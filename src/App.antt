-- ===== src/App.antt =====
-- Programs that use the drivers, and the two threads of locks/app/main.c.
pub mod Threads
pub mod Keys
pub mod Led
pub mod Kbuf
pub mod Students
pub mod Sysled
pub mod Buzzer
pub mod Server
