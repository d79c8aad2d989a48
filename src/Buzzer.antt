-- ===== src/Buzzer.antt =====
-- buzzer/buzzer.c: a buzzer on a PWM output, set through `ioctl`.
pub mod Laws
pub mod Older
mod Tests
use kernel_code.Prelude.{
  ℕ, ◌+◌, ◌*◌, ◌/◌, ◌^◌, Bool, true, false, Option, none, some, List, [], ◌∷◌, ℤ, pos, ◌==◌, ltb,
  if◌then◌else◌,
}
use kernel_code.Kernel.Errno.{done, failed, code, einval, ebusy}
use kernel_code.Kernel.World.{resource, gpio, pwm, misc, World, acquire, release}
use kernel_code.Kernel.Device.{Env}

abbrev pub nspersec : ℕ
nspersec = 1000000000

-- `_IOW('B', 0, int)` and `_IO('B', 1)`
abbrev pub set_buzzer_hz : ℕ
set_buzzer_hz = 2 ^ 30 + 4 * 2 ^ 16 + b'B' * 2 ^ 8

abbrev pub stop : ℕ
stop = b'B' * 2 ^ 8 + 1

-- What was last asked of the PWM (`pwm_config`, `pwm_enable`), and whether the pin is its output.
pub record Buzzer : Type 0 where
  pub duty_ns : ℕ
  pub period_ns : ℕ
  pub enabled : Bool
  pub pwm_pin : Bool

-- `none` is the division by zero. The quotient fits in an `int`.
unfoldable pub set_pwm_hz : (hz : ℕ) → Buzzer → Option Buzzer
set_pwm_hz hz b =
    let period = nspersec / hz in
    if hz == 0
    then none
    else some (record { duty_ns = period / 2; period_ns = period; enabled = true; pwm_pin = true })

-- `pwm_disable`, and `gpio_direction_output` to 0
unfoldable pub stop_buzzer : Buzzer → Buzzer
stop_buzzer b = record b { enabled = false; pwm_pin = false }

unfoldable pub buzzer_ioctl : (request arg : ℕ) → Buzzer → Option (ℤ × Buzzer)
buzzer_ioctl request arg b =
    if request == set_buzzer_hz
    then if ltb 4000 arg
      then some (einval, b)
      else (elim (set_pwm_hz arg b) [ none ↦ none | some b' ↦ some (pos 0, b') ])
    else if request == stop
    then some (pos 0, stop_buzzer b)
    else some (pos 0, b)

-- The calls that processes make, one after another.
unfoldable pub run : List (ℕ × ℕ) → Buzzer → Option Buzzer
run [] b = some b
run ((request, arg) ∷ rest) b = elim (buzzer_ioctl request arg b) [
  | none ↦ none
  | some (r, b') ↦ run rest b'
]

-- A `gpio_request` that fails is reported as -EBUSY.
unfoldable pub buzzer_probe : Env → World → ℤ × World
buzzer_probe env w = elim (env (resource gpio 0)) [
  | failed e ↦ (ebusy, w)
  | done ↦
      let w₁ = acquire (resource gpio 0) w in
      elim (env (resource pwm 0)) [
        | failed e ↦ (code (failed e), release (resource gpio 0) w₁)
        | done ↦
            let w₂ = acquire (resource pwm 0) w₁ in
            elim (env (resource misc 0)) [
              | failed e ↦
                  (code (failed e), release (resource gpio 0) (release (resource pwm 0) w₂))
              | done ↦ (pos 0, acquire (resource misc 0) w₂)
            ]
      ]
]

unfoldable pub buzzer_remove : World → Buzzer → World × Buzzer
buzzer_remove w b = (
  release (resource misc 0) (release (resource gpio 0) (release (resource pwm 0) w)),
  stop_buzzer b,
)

### AIM OF THE EXERCISE
Reproduce all of the records exactly.

### ANSWER BOX
filename src/App.antt
-- ===== src/App.antt =====
-- Programs that use the drivers, and the two threads of locks/app/main.c.
pub mod Threads
pub mod Keys
pub mod Led
pub mod Kbuf
pub mod Students
pub mod Sysled
pub mod Buzzer
pub mod Server
repository d79c8aad2d989a48
filename src/Buzzer.antt
-- ===== src/Buzzer.antt =====
-- buzzer/buzzer.c: a buzzer on a PWM output, set through `ioctl`.
pub mod Laws
pub mod Older
mod Tests
use kernel_code.Prelude.{
  ℕ, ◌+◌, ◌*◌, ◌/◌, ◌^◌, Bool, true, false, Option, none, some, List, [], ◌∷◌, ℤ, pos, ◌==◌, ltb,
  if◌then◌else◌,
}
use kernel_code.Kernel.Errno.{done, failed, code, einval, ebusy}
use kernel_code.Kernel.World.{resource, gpio, pwm, misc, World, acquire, release}
use kernel_code.Kernel.Device.{Env}

abbrev pub nspersec : ℕ
nspersec = 1000000000

-- `_IOW('B', 0, int)` and `_IO('B', 1)`
abbrev pub set_buzzer_hz : ℕ
set_buzzer_hz = 2 ^ 30 + 4 * 2 ^ 16 + b'B' * 2 ^ 8

abbrev pub stop : ℕ
stop = b'B' * 2 ^ 8 + 1

-- What was last asked of the PWM (`pwm_config`, `pwm_enable`), and whether the pin is its output.
pub record Buzzer : Type 0 where
  pub duty_ns : ℕ
  pub period_ns : ℕ
  pub enabled : Bool
  pub pwm_pin : Bool

-- `none` is the division by zero. The quotient fits in an `int`.
unfoldable pub set_pwm_hz : (hz : ℕ) → Buzzer → Option Buzzer
set_pwm_hz hz b =
    let period = nspersec / hz in
    if hz == 0
    then none
    else some (record { duty_ns = period / 2; period_ns = period; enabled = true; pwm_pin = true })

-- `pwm_disable`, and `gpio_direction_output` to 0
unfoldable pub stop_buzzer : Buzzer → Buzzer
stop_buzzer b = record b { enabled = false; pwm_pin = false }

unfoldable pub buzzer_ioctl : (request arg : ℕ) → Buzzer → Option (ℤ × Buzzer)
buzzer_ioctl request arg b =
    if request == set_buzzer_hz
    then if ltb 4000 arg
      then some (einval, b)
      else (elim (set_pwm_hz arg b) [ none ↦ none | some b' ↦ some (pos 0, b') ])
    else if request == stop
    then some (pos 0, stop_buzzer b)
    else some (pos 0, b)

-- The calls that processes make, one after another.
unfoldable pub run : List (ℕ × ℕ) → Buzzer → Option Buzzer
run [] b = some b
run ((request, arg) ∷ rest) b = elim (buzzer_ioctl request arg b) [
  | none ↦ none
  | some (r, b') ↦ run rest b'
]

-- A `gpio_request` that fails is reported as -EBUSY.
unfoldable pub buzzer_probe : Env → World → ℤ × World
buzzer_probe env w = elim (env (resource gpio 0)) [
  | failed e ↦ (ebusy, w)
  | done ↦
      let w₁ = acquire (resource gpio 0) w in
      elim (env (resource pwm 0)) [
        | failed e ↦ (code (failed e), release (resource gpio 0) w₁)
        | done ↦
            let w₂ = acquire (resource pwm 0) w₁ in
            elim (env (resource misc 0)) [
              | failed e ↦
                  (code (failed e), release (resource gpio 0) (release (resource pwm 0) w₂))
              | done ↦ (pos 0, acquire (resource misc 0) w₂)
            ]
      ]
]

unfoldable pub buzzer_remove : World → Buzzer → World × Buzzer
buzzer_remove w b = (
  release (resource misc 0) (release (resource gpio 0) (release (resource pwm 0) w)),
  stop_buzzer b,
)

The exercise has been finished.